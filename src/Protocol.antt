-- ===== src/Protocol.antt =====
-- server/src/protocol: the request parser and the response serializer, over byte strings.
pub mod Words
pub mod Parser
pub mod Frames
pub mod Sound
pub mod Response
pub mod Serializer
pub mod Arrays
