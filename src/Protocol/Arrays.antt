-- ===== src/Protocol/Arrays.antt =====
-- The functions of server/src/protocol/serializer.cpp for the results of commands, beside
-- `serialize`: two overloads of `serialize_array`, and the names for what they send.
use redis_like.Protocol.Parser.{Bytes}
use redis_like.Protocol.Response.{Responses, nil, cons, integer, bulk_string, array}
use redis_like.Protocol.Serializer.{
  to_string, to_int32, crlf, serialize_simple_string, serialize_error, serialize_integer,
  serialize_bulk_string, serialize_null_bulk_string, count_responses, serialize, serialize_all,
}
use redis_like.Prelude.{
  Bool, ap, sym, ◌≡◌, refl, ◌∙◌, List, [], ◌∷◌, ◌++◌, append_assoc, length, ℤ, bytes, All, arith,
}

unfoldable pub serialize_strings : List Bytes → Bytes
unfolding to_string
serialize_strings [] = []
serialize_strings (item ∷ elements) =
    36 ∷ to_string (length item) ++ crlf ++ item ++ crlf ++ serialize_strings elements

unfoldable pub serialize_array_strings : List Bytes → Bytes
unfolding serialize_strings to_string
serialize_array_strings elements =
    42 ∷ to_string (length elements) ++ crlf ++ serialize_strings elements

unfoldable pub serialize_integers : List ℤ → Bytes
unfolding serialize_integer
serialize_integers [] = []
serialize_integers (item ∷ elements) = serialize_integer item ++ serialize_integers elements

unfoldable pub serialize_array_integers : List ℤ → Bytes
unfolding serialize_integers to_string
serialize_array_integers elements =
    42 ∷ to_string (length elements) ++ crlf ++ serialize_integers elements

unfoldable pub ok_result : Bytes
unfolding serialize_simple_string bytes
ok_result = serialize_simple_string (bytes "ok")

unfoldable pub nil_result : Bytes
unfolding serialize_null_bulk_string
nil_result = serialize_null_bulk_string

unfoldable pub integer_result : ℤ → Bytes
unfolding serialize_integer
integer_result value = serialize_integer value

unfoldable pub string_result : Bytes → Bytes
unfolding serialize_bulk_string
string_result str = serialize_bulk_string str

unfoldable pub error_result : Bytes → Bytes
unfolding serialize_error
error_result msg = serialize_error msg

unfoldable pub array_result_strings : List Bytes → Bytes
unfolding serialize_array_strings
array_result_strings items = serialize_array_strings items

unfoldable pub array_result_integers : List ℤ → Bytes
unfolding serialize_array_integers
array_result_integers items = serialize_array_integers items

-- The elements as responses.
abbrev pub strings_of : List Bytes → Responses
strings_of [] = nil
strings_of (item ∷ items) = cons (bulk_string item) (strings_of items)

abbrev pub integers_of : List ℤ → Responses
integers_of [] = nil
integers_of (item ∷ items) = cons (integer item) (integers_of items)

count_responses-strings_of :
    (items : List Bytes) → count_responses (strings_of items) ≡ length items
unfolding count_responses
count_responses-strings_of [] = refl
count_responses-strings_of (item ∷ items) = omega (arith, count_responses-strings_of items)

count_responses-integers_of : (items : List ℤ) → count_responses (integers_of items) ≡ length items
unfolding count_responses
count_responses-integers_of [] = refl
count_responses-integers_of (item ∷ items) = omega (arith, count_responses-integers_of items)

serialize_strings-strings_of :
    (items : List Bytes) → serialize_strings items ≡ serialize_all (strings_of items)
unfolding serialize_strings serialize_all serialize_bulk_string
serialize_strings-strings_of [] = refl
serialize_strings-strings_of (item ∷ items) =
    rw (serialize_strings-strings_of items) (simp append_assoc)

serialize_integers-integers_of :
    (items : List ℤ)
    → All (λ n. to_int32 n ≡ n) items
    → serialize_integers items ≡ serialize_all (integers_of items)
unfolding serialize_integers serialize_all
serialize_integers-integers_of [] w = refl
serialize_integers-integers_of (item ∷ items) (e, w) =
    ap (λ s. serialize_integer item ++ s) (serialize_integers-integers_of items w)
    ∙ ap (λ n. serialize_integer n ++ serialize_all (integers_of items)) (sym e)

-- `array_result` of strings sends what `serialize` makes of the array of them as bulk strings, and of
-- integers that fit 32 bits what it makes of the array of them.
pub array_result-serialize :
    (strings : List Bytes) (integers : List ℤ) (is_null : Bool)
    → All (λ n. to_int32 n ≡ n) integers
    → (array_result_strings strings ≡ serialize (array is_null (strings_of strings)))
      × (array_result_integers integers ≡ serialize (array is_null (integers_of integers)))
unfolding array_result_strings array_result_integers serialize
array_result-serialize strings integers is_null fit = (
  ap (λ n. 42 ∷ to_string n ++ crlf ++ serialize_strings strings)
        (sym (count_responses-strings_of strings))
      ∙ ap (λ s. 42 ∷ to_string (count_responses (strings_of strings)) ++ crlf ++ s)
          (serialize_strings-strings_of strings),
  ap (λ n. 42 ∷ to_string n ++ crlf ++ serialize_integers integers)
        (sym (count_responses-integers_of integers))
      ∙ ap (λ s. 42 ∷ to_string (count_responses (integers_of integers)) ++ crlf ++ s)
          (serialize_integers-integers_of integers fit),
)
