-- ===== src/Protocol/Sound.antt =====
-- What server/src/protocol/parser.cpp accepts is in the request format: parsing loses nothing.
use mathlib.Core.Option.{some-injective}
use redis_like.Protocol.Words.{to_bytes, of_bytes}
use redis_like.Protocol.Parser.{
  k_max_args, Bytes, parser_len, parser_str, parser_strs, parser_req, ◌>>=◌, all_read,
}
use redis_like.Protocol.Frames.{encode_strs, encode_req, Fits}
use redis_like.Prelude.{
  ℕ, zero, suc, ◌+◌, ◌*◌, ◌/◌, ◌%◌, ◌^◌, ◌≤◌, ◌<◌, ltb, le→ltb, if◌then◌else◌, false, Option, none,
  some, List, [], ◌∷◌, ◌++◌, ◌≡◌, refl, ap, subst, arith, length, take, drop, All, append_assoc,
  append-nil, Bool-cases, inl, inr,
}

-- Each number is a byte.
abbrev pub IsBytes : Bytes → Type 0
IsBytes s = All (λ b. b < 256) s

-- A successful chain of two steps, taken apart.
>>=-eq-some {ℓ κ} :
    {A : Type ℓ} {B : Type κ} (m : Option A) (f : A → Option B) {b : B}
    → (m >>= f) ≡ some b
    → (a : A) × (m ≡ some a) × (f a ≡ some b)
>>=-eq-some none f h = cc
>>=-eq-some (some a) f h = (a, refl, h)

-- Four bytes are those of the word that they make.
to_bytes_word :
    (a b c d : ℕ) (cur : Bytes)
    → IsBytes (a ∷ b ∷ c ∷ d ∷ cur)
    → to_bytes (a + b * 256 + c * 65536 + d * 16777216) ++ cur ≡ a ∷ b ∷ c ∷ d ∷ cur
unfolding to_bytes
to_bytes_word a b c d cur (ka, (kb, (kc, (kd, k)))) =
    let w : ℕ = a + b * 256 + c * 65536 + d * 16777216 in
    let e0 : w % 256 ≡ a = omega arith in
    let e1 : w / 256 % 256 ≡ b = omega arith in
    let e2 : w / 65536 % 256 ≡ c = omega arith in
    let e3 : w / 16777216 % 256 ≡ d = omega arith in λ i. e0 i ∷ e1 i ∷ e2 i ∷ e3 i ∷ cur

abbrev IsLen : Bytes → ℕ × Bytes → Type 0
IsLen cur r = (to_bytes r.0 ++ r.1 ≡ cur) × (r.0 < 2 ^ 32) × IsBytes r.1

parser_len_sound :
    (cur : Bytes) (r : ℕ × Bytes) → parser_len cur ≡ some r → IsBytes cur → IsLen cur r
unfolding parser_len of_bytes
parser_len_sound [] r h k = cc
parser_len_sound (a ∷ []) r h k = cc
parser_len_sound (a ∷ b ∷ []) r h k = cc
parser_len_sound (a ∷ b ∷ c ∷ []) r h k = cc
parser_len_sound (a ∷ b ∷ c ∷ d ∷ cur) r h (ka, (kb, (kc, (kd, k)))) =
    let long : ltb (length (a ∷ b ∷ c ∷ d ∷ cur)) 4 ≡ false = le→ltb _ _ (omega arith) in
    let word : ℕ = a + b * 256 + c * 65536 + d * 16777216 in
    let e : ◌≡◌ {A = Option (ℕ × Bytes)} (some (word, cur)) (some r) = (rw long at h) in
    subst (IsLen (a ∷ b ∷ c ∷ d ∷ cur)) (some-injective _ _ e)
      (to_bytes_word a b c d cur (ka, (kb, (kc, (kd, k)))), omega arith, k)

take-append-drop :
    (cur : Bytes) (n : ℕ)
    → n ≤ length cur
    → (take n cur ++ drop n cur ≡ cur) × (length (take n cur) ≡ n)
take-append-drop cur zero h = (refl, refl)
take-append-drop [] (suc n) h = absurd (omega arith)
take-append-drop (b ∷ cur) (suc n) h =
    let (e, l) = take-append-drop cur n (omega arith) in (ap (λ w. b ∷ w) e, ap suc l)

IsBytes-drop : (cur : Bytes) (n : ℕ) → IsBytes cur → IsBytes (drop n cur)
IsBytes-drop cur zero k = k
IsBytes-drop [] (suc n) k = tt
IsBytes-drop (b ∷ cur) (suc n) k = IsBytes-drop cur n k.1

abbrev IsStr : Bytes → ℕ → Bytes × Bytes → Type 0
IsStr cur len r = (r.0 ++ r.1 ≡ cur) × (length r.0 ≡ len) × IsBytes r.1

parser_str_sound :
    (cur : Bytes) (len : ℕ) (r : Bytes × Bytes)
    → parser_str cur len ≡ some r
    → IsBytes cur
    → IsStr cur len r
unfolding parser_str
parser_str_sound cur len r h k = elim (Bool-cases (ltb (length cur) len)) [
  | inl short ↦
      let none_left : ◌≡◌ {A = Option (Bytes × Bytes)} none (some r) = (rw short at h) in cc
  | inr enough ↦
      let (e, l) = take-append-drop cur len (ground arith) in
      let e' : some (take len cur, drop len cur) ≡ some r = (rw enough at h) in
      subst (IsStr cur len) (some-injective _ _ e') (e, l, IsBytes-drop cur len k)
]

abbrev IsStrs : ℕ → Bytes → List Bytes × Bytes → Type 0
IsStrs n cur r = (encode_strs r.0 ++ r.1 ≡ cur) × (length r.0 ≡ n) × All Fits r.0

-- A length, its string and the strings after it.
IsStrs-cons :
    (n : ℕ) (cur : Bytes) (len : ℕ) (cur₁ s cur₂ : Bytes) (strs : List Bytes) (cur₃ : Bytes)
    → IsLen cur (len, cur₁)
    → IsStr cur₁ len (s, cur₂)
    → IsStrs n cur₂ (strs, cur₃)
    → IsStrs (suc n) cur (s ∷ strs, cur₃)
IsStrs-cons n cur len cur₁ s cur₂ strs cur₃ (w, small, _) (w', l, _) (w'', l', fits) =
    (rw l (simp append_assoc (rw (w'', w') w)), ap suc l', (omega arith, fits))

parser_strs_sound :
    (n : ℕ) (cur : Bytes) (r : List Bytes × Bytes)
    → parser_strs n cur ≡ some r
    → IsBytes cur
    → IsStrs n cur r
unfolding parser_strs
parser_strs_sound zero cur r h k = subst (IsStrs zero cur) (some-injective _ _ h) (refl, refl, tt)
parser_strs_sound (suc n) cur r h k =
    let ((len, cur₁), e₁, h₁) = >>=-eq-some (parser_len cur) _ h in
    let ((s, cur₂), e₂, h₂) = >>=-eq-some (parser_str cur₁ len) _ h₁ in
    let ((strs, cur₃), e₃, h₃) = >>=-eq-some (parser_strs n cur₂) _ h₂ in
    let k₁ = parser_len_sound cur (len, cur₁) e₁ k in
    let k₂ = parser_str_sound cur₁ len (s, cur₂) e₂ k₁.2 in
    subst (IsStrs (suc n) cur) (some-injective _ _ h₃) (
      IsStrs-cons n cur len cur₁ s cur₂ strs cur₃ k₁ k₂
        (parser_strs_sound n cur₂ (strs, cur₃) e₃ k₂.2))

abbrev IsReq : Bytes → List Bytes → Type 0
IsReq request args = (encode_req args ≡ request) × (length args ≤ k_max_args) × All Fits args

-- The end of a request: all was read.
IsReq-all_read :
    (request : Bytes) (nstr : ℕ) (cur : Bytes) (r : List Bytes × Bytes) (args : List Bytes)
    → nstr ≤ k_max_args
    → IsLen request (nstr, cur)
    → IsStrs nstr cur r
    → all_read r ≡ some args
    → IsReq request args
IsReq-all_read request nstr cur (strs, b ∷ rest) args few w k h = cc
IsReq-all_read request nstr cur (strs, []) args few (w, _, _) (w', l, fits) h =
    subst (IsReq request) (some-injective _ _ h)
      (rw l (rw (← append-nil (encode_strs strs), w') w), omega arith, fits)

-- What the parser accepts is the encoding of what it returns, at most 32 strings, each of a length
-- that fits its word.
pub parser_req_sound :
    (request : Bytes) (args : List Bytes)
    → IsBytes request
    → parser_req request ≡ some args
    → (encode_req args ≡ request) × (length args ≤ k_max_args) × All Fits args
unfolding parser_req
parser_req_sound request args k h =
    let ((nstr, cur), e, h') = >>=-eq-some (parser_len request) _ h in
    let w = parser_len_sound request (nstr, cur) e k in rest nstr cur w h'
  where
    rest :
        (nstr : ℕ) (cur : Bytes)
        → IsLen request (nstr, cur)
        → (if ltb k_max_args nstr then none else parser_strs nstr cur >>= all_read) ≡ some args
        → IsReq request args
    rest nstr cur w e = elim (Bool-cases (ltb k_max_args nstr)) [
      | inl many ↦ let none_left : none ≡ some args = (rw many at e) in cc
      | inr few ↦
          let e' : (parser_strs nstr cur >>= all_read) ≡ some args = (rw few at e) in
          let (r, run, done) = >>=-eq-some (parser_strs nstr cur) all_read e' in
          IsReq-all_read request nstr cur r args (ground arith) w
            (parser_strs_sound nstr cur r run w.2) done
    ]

Required action:
Beginning with the line containing "serialize_integers [] = []" and ending with the line containing "unfoldable pub ok_result : Bytes", extract those lines exactly from the listing above, and only those.

Output of the exercise:
serialize_integers [] = []
serialize_integers (item ∷ elements) = serialize_integer item ++ serialize_integers elements

unfoldable pub serialize_array_integers : List ℤ → Bytes
unfolding serialize_integers to_string
serialize_array_integers elements =
    42 ∷ to_string (length elements) ++ crlf ++ serialize_integers elements

unfoldable pub ok_result : Bytes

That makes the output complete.